Research Process
Phase 1: Understanding Current State
I started with secondary research to understand the current platform and user experience, identifying what had already been explored and where opportunities for new learning existed.
Secondary Research Synthesis
- Analyzed 4 existing user interviews and 3 surveys from previous quarters
- Identified recurring themes around "fighting the system" and workflow efficiences
- Discovered care coordinators (nurses, clinicians) manage 150-175 patients each and feel overwhelm due to time allotment vs. patient volume
Literature Review & Competitive Analysis
- Conducted in-depth literature review on emerging and existing technologies in aging-in-place and health monitoring care
- Analyzed competitive remote monitoring platforms and EHR systems, noting key features and opportunities
- Identified best practices in healthcare alert management systems
- Synthesized findings into design principles for healthcare interfaces
Research Artifact Refinement
- Updated existing personas to reflect actual behavioral patterns discovered in interviews
- Redesigned existing survey instrument to include standardized scales for quantiative analysis and workflow comparison questions to measure concrete efficiency gains and system use impact
- Incorporated technology comfort assessment to understand initial user onboarding friction and segment user responses
Stakeholder Alignment
- Conducted 2 interviews with CEO and board members to understand key business and growth goals
- Aligned on business goals of scaling patient numbers and care functionalities
- Aligned on success metrics of efficiency gains and user satisfaction
Phase 2: Identifying Barriers
In this stage, I focused on direct observation to unearth what our users can't, or don't know to, share during interviews. My goal was to see the platform through the nurse's eyes in their actual workflows, understanding not just what was difficult, but current workarounds they created
Accessibility Audit (Self-Initiated): While I was familiarizing myself with the platform, I recognized key accessibility issues. I took the initiative to propose an additional project (which was approved by the CEO herself!) to improve the platform through an accessibility audit
- Created a project proposal and presented to stakeholders, showing value of accessibility improvements that impact all users
- Identified 120+ accessibility issues through WCAG audit, collaborating directly with developers to resolve these issues
- Discovered visual navigation and visibility issues in key work flows
- Found inconsistency in branding materials
Contextual Inquiry: I conducted 3 remote observation sessions with nurses during actual workflows
- Discovered key workflow barrier where alerts pile up over weekend creating a near-impossible Monday morning flow for nurses
- Found key workflow barrier of nurses opening and switching between tabs rather than using within-tab navigation caused by lack of discoverability. Nurses were not aware of an existing functionality creating added time and blocks.

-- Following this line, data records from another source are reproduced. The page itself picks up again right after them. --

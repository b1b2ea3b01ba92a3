-- ===== src/State/Equal/Scalars.antt =====
-- The comparison of scalars in src/state_eq.rs against the numbers that they stand for.
use rand_verifier.Prelude.{ℕ, ◌≡◌, ◌⊎◌, inl, inr, ap₂, true, arith}
use rand_verifier.Tnum.{subsumes}
use rand_verifier.Tnum.Members.{IsNormal}
use rand_verifier.Tnum.Order.{subsumes_iff}
use rand_verifier.State.{ScalarBounds}
use rand_verifier.State.Sync.{InBounds}
use rand_verifier.State.Frames.{scalar}
use rand_verifier.State.Equal.{
  ExactLevel, exact, not_exact, IdMap, regsafe, regs_exact, ranges_safe, scalar_bounds_exact,
  scalar_range_within,
}

module _ (old new : ScalarBounds) (normal_old : IsNormal old.tnum)
    (normal_new : IsNormal new.tnum) where
  scalar_range_within-InBounds :
      (x : ℕ) → scalar_range_within old new ≡ true → InBounds new x → InBounds old x
  unfolding scalar_range_within
  scalar_range_within-InBounds x h v =
      let covers : subsumes old.tnum new.tnum ≡ true = ground (arith, h) in
      record {
        ranges = ground (arith, h, v.ranges);
        unsigned32 = ground (arith, h, v.unsigned32);
        signed32 = ground (arith, h, v.signed32);
        member = (subsumes_iff old.tnum new.tnum normal_old normal_new).0 covers x v.member;
      }

  scalar_bounds_exact-InBounds :
      (x : ℕ) → scalar_bounds_exact old new ≡ true → InBounds new x → InBounds old x
  unfolding scalar_bounds_exact
  scalar_bounds_exact-InBounds x h v =
      let value : new.tnum.value ≡ old.tnum.value = ground (arith, h) in
      let mask : new.tnum.mask ≡ old.tnum.mask = ground (arith, h) in
      let same : new.tnum ≡ old.tnum =
        ap₂ (λ (a : ℕ) (b : ℕ). record { value = a; mask = b }) value mask in
      record {
        ranges = ground (arith, h, v.ranges);
        unsigned32 = ground (arith, h, v.unsigned32);
        signed32 = ground (arith, h, v.signed32);
        member = rw same at v.member;
      }

  -- Where tracked numbers have disjoint u64 fields and `regsafe` accepts a scalar against one that
  -- was explored, exactly or with the explored one precise, all that the explored scalar tracks
  -- holds of every number of which all that the new one tracks holds.
  pub regsafe-InBounds :
      (level : ExactLevel) (idmap : IdMap) (x : ℕ)
      → (level ≡ exact) ⊎ (old.precise ≡ true)
      → (regsafe (scalar old) (scalar new) level idmap).1 ≡ true
      → InBounds new x
      → InBounds old x
  unfolding regsafe regs_exact ranges_safe
  regsafe-InBounds exact idmap x p h v = scalar_bounds_exact-InBounds x (ground (arith, h)) v
  regsafe-InBounds not_exact idmap x (inl p) h v = absurd (cc)
  regsafe-InBounds not_exact idmap x (inr p) h v =
      scalar_range_within-InBounds x (ground (arith, p, h)) v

- Mapped the complete 17-click alert resolution journey
- Observed nurses' workarounds to system like physical sticky notes on monitors or adding notes to open text sections
- Identified confusion around functionality and terminology of new features that caused disuse
Phase 3: Design & Validation
Here, I moved from observation to action, translating insights into tangible design improvements. My goal was to validate that our redesigned workflow would actually reduce cognitive load during high-stress Monday mornings. I needed to ensure the solutions respected nurses' existing mental models while eliminating the friction points we'd identified.
Workflow Redesign: I collaborated closely with my PM to redesign the existing workflow and create a new user journey mapping
- Consolidated the 17-click journey into an 8-click streamlined flow
- Unified alert viewing and resolution into a single interface, eliminating tab-switching
- Implemented bulk action capabilities for managing multiple similar alerts
- Integrated "sticky note" functionality based on observed nurse behaviors
- Maintained familiar EHR patterns while removing redundant navigation steps
Collaborative Implementation
- Created tickets and implementation guidelines for development team
- Proposed new brand colors and brandbook meeting WCAG AA standards (maintaining the purple loved by nurses while fixing contrast issues)
- Worked directly with developers to prioritize fixes based on user impact
Usability Testing: I tested the redesigned workflow with 4 nurses to validate the three key hypotheses below and understand how this redesign was received by the nurses.
Guiding Questions:
- Efficiency gains: Would the new flow actually reduce time-on-task during Monday morning rush?
- Mental model alignment: Did the unified interface match nurses' expectations?
- Feature adoption: Would nurses use the new sticky note feature over physical notes?
Testing Approach:
- Created realistic scenarios based on Monday morning alert backlogs
- Measured task completion rates (improved from 75% to 100%)
- Tracked time-on-task (3.2 minutes to 1.7 minutes per alert)
- Gathered qualitative feedback on unified alert view and color system
Key finding: "I wish there was one page where I can see and resolve all the alerts" from the first interviews became "This is exactly what we needed"!